Stored entries:
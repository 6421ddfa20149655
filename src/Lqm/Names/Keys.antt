-- ===== src/Lqm/Names/Keys.antt =====
-- internal/services/lqm/lqm.go, `ipv6llToMac`: the keys of trackers.
use mesh_manager.Common.{
  ℕ, ◌/◌, ◌%◌, ◌<◌, ◌≡◌, refl, ◌↔◌, [], ◌∷◌, Option, some, Bytes, arith, ap, sym, ◌∙◌,
}
use mesh_manager.Net.{Ip4, IsIp4, v6, parse_ip}
use mesh_manager.Wireguard.{link_local}
use mesh_manager.Lqm.Names.{hex_digit, mac_string, ipv6ll_to_mac}

-- A hardware address 00:00 with the octets of an IPv4 address.
abbrev pub mac_of_ip4 : Ip4 → Bytes
mac_of_ip4 q = mac_string (0 ∷ 0 ∷ q.o0 ∷ q.o1 ∷ q.o2 ∷ q.o3 ∷ [])

hex_digit-injective : (a b : ℕ) → a < 16 → b < 16 → hex_digit a ≡ hex_digit b → a ≡ b
unfolding hex_digit
hex_digit-injective a b h k e = ground arith

byte_halves : (a b : ℕ) → a / 16 ≡ b / 16 → a % 16 ≡ b % 16 → a ≡ b
byte_halves a b h k = omega arith

hex_byte-injective :
    (a b : ℕ)
    → a < 256
    → b < 256
    → hex_digit (a / 16) ≡ hex_digit (b / 16)
    → hex_digit (a % 16) ≡ hex_digit (b % 16)
    → a ≡ b
hex_byte-injective a b h k e f =
    byte_halves a b (hex_digit-injective (a / 16) (b / 16) (omega arith) (omega arith) e)
      (hex_digit-injective (a % 16) (b % 16) (omega arith) (omega arith) f)

mac_of_ip4-injective : (p q : Ip4) → IsIp4 p → IsIp4 q → mac_of_ip4 p ≡ mac_of_ip4 q → p ≡ q
unfolding mac_string
mac_of_ip4-injective p q u v e =
    let o0 = hex_byte-injective p.o0 q.o0 u.lt0 v.lt0 (cc) (cc) in
    let o1 = hex_byte-injective p.o1 q.o1 u.lt1 v.lt1 (cc) (cc) in
    let o2 = hex_byte-injective p.o2 q.o2 u.lt2 v.lt2 (cc) (cc) in
    let o3 = hex_byte-injective p.o3 q.o3 u.lt3 v.lt3 (cc) (cc) in cc (o0, o1, o2, o3)

-- The manager derives the hardware address that the link-local address of a tunnel is made from.
ipv6ll_to_mac-link_local :
    (parse_v6 : Bytes → Option Bytes) (text : Bytes) (q : Ip4)
    → parse_ip parse_v6 text ≡ some (v6 (link_local q))
    → ipv6ll_to_mac parse_v6 text ≡ mac_of_ip4 q
unfolding ipv6ll_to_mac link_local
ipv6ll_to_mac-link_local parse_v6 text q e = rw e refl

-- The key of the tracker at the other end of a tunnel is the hardware address 00:00 with the four
-- octets of the tunnel's IPv4 address, from which `GenerateIPv6LinkLocalAddress` has made its
-- link-local address; and the keys of two tunnels are equal exactly when their addresses are. The
-- texts of both link-local addresses can be parsed.
pub ipv6ll_to_mac-tunnel :
    (parse_v6 : Bytes → Option Bytes) (s t : Bytes) (p q : Ip4)
    → IsIp4 p
    → IsIp4 q
    → parse_ip parse_v6 s ≡ some (v6 (link_local p))
    → parse_ip parse_v6 t ≡ some (v6 (link_local q))
    → (ipv6ll_to_mac parse_v6 s ≡ mac_string (0 ∷ 0 ∷ p.o0 ∷ p.o1 ∷ p.o2 ∷ p.o3 ∷ []))
      × (ipv6ll_to_mac parse_v6 s ≡ ipv6ll_to_mac parse_v6 t ↔ p ≡ q)
ipv6ll_to_mac-tunnel parse_v6 s t p q u v e f =
    let first = ipv6ll_to_mac-link_local parse_v6 s p e in
    let second = ipv6ll_to_mac-link_local parse_v6 t q f in
    (
      first,
      (
        λ same. mac_of_ip4-injective p q u v (sym first ∙ same ∙ second),
        λ same. first ∙ ap mac_of_ip4 same ∙ sym second,
      ),
    )
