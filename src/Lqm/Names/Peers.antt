-- ===== src/Lqm/Names/Peers.antt =====
-- internal/services/lqm/lqm.go, `deriveWireguardPeerIP`, against the addresses that
-- internal/wireguard/wireguard.go gives to the two ends of a tunnel.
use mesh_manager.Common.{
  ◌≡◌, refl, List, [], ◌∷◌, ◌++◌, some, Bytes, codes, equal, itoa, has_prefix, find_first,
  if◌then◌else◌, arith, Bool-cases, inl, inr, ap, ◌∙◌,
}
use mesh_manager.Net.{Ip4, Ip, v4, ip4_string}
use mesh_manager.Models.{Tunnel, is_server, interface_name}
use mesh_manager.Models.NextIp.{IsSlot}
use mesh_manager.Wireguard.{client_ip}
use mesh_manager.Lqm.Names.{
  NetLink, peer_of, peer_of_addrs, peer_of_links, derive_wireguard_peer_ip,
}

-- The address of this node's end of a tunnel and that of the other end: the server has the
-- tunnel's address.
abbrev pub own_end : Tunnel → Ip4 → Ip4
own_end t q = if is_server t then q else client_ip q

abbrev pub other_end : Tunnel → Ip4 → Ip4
other_end t q = if is_server t then client_ip q else q

peer_of-server :
    (n : Bytes) (q : Ip4)
    → IsSlot q
    → peer_of (codes "wgs" ++ n) (some q) ≡ ip4_string (client_ip q)
unfolding has_prefix client_ip
peer_of-server n q v = ap ip4_string (ground arith)

peer_of-client :
    (n : Bytes) (q : Ip4)
    → IsSlot q
    → peer_of (codes "wgc" ++ n) (some (client_ip q)) ≡ ip4_string q
unfolding has_prefix client_ip
peer_of-client n q v = ap ip4_string (ground arith)

peer_of-interface :
    (t : Tunnel) (q : Ip4)
    → IsSlot q
    → peer_of (interface_name t) (some (own_end t q)) ≡ ip4_string (other_end t q)
unfolding interface_name
peer_of-interface t q v = elim (Bool-cases (is_server t)) [
  | inl e ↦ rw e (peer_of-server (itoa t.id) q v)
  | inr e ↦ rw e (peer_of-client (itoa t.id) q v)
]

not_empty :
    (t : Tunnel) (ls : List NetLink)
    → derive_wireguard_peer_ip (some ls) (interface_name t) ≡ peer_of_links (interface_name t) ls
unfolding derive_wireguard_peer_ip interface_name
not_empty t ls = elim (Bool-cases (is_server t)) [ inl e ↦ rw e refl | inr e ↦ rw e refl ]

same_link : (k l : NetLink) → some k ≡ some l → k ≡ l
same_link k l h = cc

peer_of_links-found :
    (device : Bytes) (ls : List NetLink) (l : NetLink)
    → find_first (λ k. equal k.name device) ls ≡ some l
    → peer_of_links device ls ≡ peer_of_addrs device l.addrs
unfolding peer_of_links
peer_of_links-found device [] l h = cc
peer_of_links-found device (k ∷ ls) l h = elim (Bool-cases (equal k.name device)) [
  | inl same ↦
      rw same (ap (λ (o : NetLink). peer_of_addrs device o.addrs) (same_link k l (rw same at h)))
  | inr differs ↦ rw differs (peer_of_links-found device ls l (rw differs at h))
]

-- On a tunnel's interface, `deriveWireguardPeerIP` gives the address that `addPeer` gives the other
-- end: one above the server's on the server, and the server's on the client. The tunnel's address
-- is one that the allocator hands out, and the interface is listed with its own end's address
-- first.
pub derive_wireguard_peer_ip-other_end :
    (t : Tunnel) (q : Ip4) (ls : List NetLink) (l : NetLink) (ips : List Ip)
    → IsSlot q
    → find_first (λ k. equal k.name (interface_name t)) ls ≡ some l
    → l.addrs ≡ some (v4 (own_end t q) ∷ ips)
    → derive_wireguard_peer_ip (some ls) (interface_name t) ≡ ip4_string (other_end t q)
derive_wireguard_peer_ip-other_end t q ls l ips v found listed =
    not_empty t ls
    ∙ peer_of_links-found (interface_name t) ls l found
    ∙ ap (peer_of_addrs (interface_name t)) listed
    ∙ peer_of-interface t q v
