-- ===== src/Lqm/Names/Reach.antt =====
-- internal/services/lqm/lqm.go, `reachToLQ`: the range of a link's quality.
use mesh_manager.Common.{
  ℕ, zero, suc, ◌+◌, ◌*◌, ◌/◌, ◌%◌, ◌≤◌, ◌<◌, ◌≡◌, ◌↔◌, ◌⊎◌, inl, inr, [], ◌∷◌, Option, none, some,
  Bytes, ◌==◌, arith, Bool-cases, Option-cases,
}
use mesh_manager.Lqm.Names.{
  hex_value, parse_hex, parse_reach, count_bits, reach_quality, reach_to_lq,
}

-- 2 ^ r.
abbrev top : ℕ → ℕ
top zero = 1
top (suc r) = 2 * top r

-- A count of the bits of a number below 2 ^ r, from `count` on.
abbrev Counted : ℕ → ℕ → ℕ → ℕ → Type 0
Counted r count val total =
    (count ≤ total)
    × (total ≤ count + r)
    × (total ≡ count ↔ val ≡ 0)
    × (total ≡ count + r ↔ val + 1 ≡ top r)

count_bits-Counted : (r count val : ℕ) → val < top r → Counted r count val (count_bits r count val)
unfolding count_bits
count_bits-Counted zero count val h = omega arith
count_bits-Counted (suc r) count val h = elim (Bool-cases (val % 2 == 1)) [
  | inl e ↦ rw e (ground (arith, count_bits-Counted r (count + 1) (val / 2)))
  | inr e ↦ rw e (ground (arith, count_bits-Counted r count (val / 2)))
]

parse_hex-bound :
    (value : ℕ) (s : Bytes) (n : ℕ) → value < 65536 → parse_hex value s ≡ some n → n < 65536
unfolding parse_hex
parse_hex-bound value [] n h e = ground arith
parse_hex-bound value (c ∷ cs) n h e = elim (Option-cases (hex_value c)) [
  | inl x ↦ ground arith
  | inr (digit, x) ↦ ground (arith, x, parse_hex-bound (value * 16 + digit) cs n)
]

parse_reach-bound : (s : Bytes) (n : ℕ) → parse_reach s ≡ some n → n < 65536
unfolding parse_reach
parse_reach-bound [] n e = cc
parse_reach-bound (c ∷ cs) n e = parse_hex-bound 0 (c ∷ cs) n (omega arith) e

reach_quality_bounds :
    (val : Option ℕ)
    → ((n : ℕ) → val ≡ some n → n < 65536)
    → (reach_quality val ≤ 100)
      × (reach_quality val ≡ 100 ↔ val ≡ some 65535)
      × (reach_quality val ≡ 0 ↔ ((val ≡ none) ⊎ (val ≡ some 0)))
reach_quality_bounds none h = ground arith
reach_quality_bounds (some n) h = ground (arith, count_bits-Counted 16 0 n, h n)

-- The quality that `reachToLQ` gives is at most 100. It is 100 exactly when the text is a number in
-- base 16 with all sixteen bits set, and 0 exactly when it is zero or no such number.
pub reach_to_lq_bounds :
    (reach : Bytes)
    → (reach_to_lq reach ≤ 100)
      × (reach_to_lq reach ≡ 100 ↔ parse_reach reach ≡ some 65535)
      × (reach_to_lq reach ≡ 0 ↔ ((parse_reach reach ≡ none) ⊎ (parse_reach reach ≡ some 0)))
unfolding reach_to_lq
reach_to_lq_bounds reach = reach_quality_bounds (parse_reach reach) (parse_reach-bound reach)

◆ **THE PROBLEM**: Look above for the line containing "text ≡ mac_of_ip4 q" and the line containing "-- link-local address;". Transcribe both, with the lines between them, exactly.

◆ **EXERCISE RESPONSE**:
    → ipv6ll_to_mac parse_v6 text ≡ mac_of_ip4 q
unfolding ipv6ll_to_mac link_local
ipv6ll_to_mac-link_local parse_v6 text q e = rw e refl

-- The key of the tracker at the other end of a tunnel is the hardware address 00:00 with the four
-- octets of the tunnel's IPv4 address, from which `GenerateIPv6LinkLocalAddress` has made its
-- link-local address; and the keys of two tunnels are equal exactly when their addresses are. The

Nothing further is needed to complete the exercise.